Our tradition recognized that communities can sin. The Torah assigns specific sacrifices to atone for communal wrongs, and the Sages recognized the power of collective sins to destroy a community from within. They also recognized that communal teshuvah as the most powerful form of repentance, capable of rewriting destiny at any moment. For individual sinners, there is a specific time to ask for forgiveness based on sincere repentance: the 10 days leading up to Yom Kippur.  But for a community, where sins are generationally ingrained and so much more difficult to atone for, our tradition says that collective repentance is accepted at any time. [Maimonides, Laws of Repentance, 2:6]

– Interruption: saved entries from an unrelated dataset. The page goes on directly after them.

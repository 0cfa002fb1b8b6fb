-- ===== src/Lib.antt =====
-- A model of the market-data gateways of this repository: the routers through which the parts of a
-- gateway talk to each other, and the two connections of the Binance gateway to its exchange. Each
-- definition is translated from the C++ source; paths below are from the repository's root.
--
-- Prelude        the conditional, equality of keys, sets and maps as lists. A `std::unordered_map` is an
--                association list and a `std::unordered_set` a list without repetitions; the order in
--                which the code walks an unordered container is not a promise.
-- Router         CrazyRouters.hpp. Router.PubSub is `PubSubDataRouter`: `routing_table` is
--                `m_routingTable`, `reg_id_to_keys` is `m_regIdToKeys`. A callback is a value, and
--                `produce` returns the calls it makes, in order. Router.Requests is
--                `GenericReqRespRouter`: a listener is the list of actions that it takes on a request,
--                and the loop over the requests that wait runs on fuel. Router.EndToEnd is
--                `EndToEndReqRespRouter`.
-- Session        MDGateways/Binance/WebSockets.h, class `session`. Every handler takes the state to a
--                new one and returns what it starts: commands, asynchronous operations, timers.
--                Session.Exchange adds the exchange, which carries out the commands in the order in
--                which they are sent, as the throttler and the strand do.
-- Rest           MDGateways/Binance/RestApi.h and RestApi.cpp, class `BinanceRestClient`: the queue of
--                requests, and the one asynchronous operation that is outstanding (Rest.Exchange).
-- Partition      MDGateways/PlatformComm/PerPartitionSM.h and .cpp: the states of a partition. The engine
--                that runs them is a parameter; the states' own `process` functions are translated.
-- Platform       MDGateways/PlatformComm/PlatformComm.cpp: to which topics the prices of a key go, the
--                messages that change this, the delivery of prices, requests for snapshots, the download of a
--                partition's subscriptions (Platform.Download), rebalances (Platform.Rebalance, with the callback
--                of MiddleWare/Interface.cpp) and the status of the gateway.
-- Binance        MDGateways/Binance/Binance.h and Binance.cpp: the keys of prices and the streams of the
--                exchange, the transformations of prices and snapshots, the gateway's start and outages.
-- Connectivity   MDGateways/Binance/Binance.cpp, `ConnectivityState`: the status of the gateway.
-- Constants      Constants.h: the enumerations whose values are texts, and reading a level of logging and
--                the type of a price.
-- Middleware     MiddleWare/Interface.cpp: messages, requests and responses over Kafka.
--                Middleware.Requests has the handlers, over the book of pending requests;
--                Middleware.Loop the loop that polls records, Middleware.Killing its thread and the one
--                that ends it, step by step, and Middleware.Starting how a component starts and ends.
-- Feed           MDGateways/MDGatewayRouterConfig.h with both ends of its routers: a frame of the exchange
--                on its way to the topics, a subscription and an unsubscription on their way to the session
--                and the exchange.
-- Programs       SDPMock/SDPMock.cpp, DataTumper/DataDumper.cpp and
--                PerformanceTests/BinanceMD/BinanceMDPerformanceTests.cpp; Programs.Gateway is what the
--                gateway starts with, Programs.Exchange and Programs.Download are a partition's request
--                on its way through the middleware to the mock and back.
-- Logging        Logging.h: the files of the log, their rotation, and the levels.
-- Config         ConfigLib/ConfigLib.cpp: the merge of the settings of an application, its group and the
--                system, the checks on them, how the file is read and watched, and what its update does.
--
-- The prices that reach the platform come from the session and the REST client, and go through the
-- routers: a control message on a key makes the gateway subscribe or unsubscribe the stream of the key.
-- Binance.subscribe is such a command of Session, on the stream of a key; Binance.Prices turns a frame of
-- the stream into an update of the key, which Platform.Delivery sends to the topics of Platform.Routing;
-- Binance.Bodies joins the snapshots to the bodies that Rest reads; Binance.Launch uses Connectivity. The
-- messages and requests of the platform come through Middleware, which calls Platform's handlers. Feed and
-- Programs.Download put these components together.
--
-- Parameters: the JSON library (a record of the operations that the code uses), the callbacks, the
-- outcomes of the operating system's and the libraries' calls (as error codes that the events carry).
-- Where an application's records come to another one (Middleware.RoundTrip), Kafka hands each record once
-- to an application that subscribes to its topic, and to no other.
-- Numbers are natural numbers; the counter of messages is not bounded. Sizes and fuel: the loop of
-- `request` takes fuel, where a request weighs more than those its listener sends, fuel above its
-- weight is enough; the text of a number takes fuel for 20 digits, which 64 bits do not exceed; every
-- other loop runs over a list. The number of a log file is an `int`, which stands for itself below 2 ^ 31.
--
-- Not modelled: what is logged, the identifiers' generator, the wrapper types, Kafka (what its clients give
-- is an argument, what is done with them an effect), the construction of threads and I/O contexts,
-- the callbacks that only log, and the integration tests.
pub mod Prelude
pub mod Router
pub mod Session
pub mod Rest
pub mod Partition
pub mod Platform
pub mod Logging
pub mod Feed
pub mod Programs
pub mod Config
pub mod Connectivity
pub mod Constants
pub mod Middleware
pub mod Binance
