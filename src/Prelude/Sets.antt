-- ===== src/Prelude/Sets.antt =====
-- `std::set` and `std::unordered_set` as lists without repetitions, read through `contains`.
-- A new element stands last; the order in which an unordered set is walked is not a promise.
use Prim.Native.Nat.{ℕ, suc}
use mathlib.Core.Path.{◌≡◌, refl}
use mathlib.Core.Logic.{◌≢◌}
use mathlib.Core.Bool.{Bool, false, not, ◌&&◌, ◌||◌}
use mathlib.Core.List.{List, [], ◌∷◌, ◌++◌}
use native.Mathlib.Omega.{arith}
use multi_market_prices.Prelude.Keys.{Eq, ◌==◌, if◌then◌else◌}

module _ {ℓ} {A : Type ℓ} ⦃e : Eq A⦄ where
  unfoldable pub contains : A → List A → Bool
  contains a [] = false
  contains a (x ∷ xs) = x == a || contains a xs

  unfoldable pub insert : A → List A → List A
  unfolding contains
  insert a xs = if contains a xs then xs else xs ++ a ∷ []

  unfoldable pub erase : A → List A → List A
  erase a [] = []
  erase a (x ∷ xs) = if x == a then erase a xs else x ∷ erase a xs

  -- How often an element is met when the list is walked.
  unfoldable pub count : A → List A → ℕ
  count a [] = 0
  count a (x ∷ xs) = if x == a then suc (count a xs) else count a xs

  -- Each element is met once.
  abbrev pub IsDistinct : List A → Type 0
  IsDistinct [] = Unit
  IsDistinct (x ∷ xs) = (contains x xs ≡ false) × IsDistinct xs

  pub contains-cons : (a x : A) (xs : List A) → contains a (x ∷ xs) ≡ (x == a || contains a xs)
  unfolding contains
  contains-cons a x xs = refl

  pub contains-nil : (a : A) (xs : List A) → xs ≡ [] → contains a xs ≡ false
  unfolding contains
  contains-nil a xs e = rw e refl

  pub contains-append :
      (a : A) (xs ys : List A) → contains a (xs ++ ys) ≡ (contains a xs || contains a ys)
  unfolding contains
  contains-append a [] ys = refl
  contains-append a (x ∷ xs) ys = ground (arith, contains-append a xs ys)

  pub contains-insert :
      (a b : A) (xs : List A) → contains b (insert a xs) ≡ (a == b || contains b xs)
  unfolding insert contains
  contains-insert a b xs = ground (arith, contains-append b xs (a ∷ []))

  pub contains-erase :
      (a b : A) (xs : List A) → contains b (erase a xs) ≡ (not (a == b) && contains b xs)
  unfolding erase contains
  contains-erase a b [] = ground arith
  contains-erase a b (x ∷ xs) = ground (arith, contains-erase a b xs)

  pub erase_absent : (a : A) (xs : List A) → contains a xs ≡ false → erase a xs ≡ xs
  unfolding erase contains
  erase_absent a [] h = refl
  erase_absent a (x ∷ xs) h = ground (arith, erase_absent a xs)

  pub IsDistinct-append :
      (a : A) (xs : List A) → contains a xs ≡ false → IsDistinct xs → IsDistinct (xs ++ a ∷ [])
  unfolding contains
  IsDistinct-append a [] h d = (refl, tt)
  IsDistinct-append a (x ∷ xs) h d =
      (ground (arith, contains-append x xs (a ∷ [])), IsDistinct-append a xs (ground arith) d.1)

  pub insert-IsDistinct : (a : A) (xs : List A) → IsDistinct xs → IsDistinct (insert a xs)
  unfolding insert
  insert-IsDistinct a xs d = ground (arith, IsDistinct-append a xs)

  pub erase-IsDistinct : (a : A) (xs : List A) → IsDistinct xs → IsDistinct (erase a xs)
  unfolding erase contains
  erase-IsDistinct a [] d = tt
  erase-IsDistinct a (x ∷ xs) d = ground (arith, contains-erase a x xs, erase-IsDistinct a xs d.1)

  pub count_absent : (a : A) (xs : List A) → contains a xs ≡ false → count a xs ≡ 0
  unfolding count contains
  count_absent a [] h = refl
  count_absent a (x ∷ xs) h = ground (arith, count_absent a xs)

  pub count_of_IsDistinct :
      (a : A) (xs : List A) → IsDistinct xs → count a xs ≡ (if contains a xs then 1 else 0)
  unfolding count contains
  count_of_IsDistinct a [] d = refl
  count_of_IsDistinct a (x ∷ xs) d =
      ground (arith, count_absent x xs, count_absent a xs, count_of_IsDistinct a xs d.1)

  pub insert-ne-nil : (a : A) (xs : List A) → insert a xs ≢ []
  unfolding insert contains
  insert-ne-nil a [] = ground arith
  insert-ne-nil a (x ∷ xs) = ground arith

In the United States, we are going through a moment of heightened awareness against the sin of structural racism. Across the world, nations are beginning to come to terms with the devastating sins of environmental abuse. Will these trends result in complete teshuvah? It is far too early to tell, but by incorporating the themes of Sukkot into our understanding of repentance, we know that complete repentance from these social sins will come only if we combine love with justice, if we have a plan for positive action, and if we move beyond individual actions to a collective response that rebuilds the places we live together.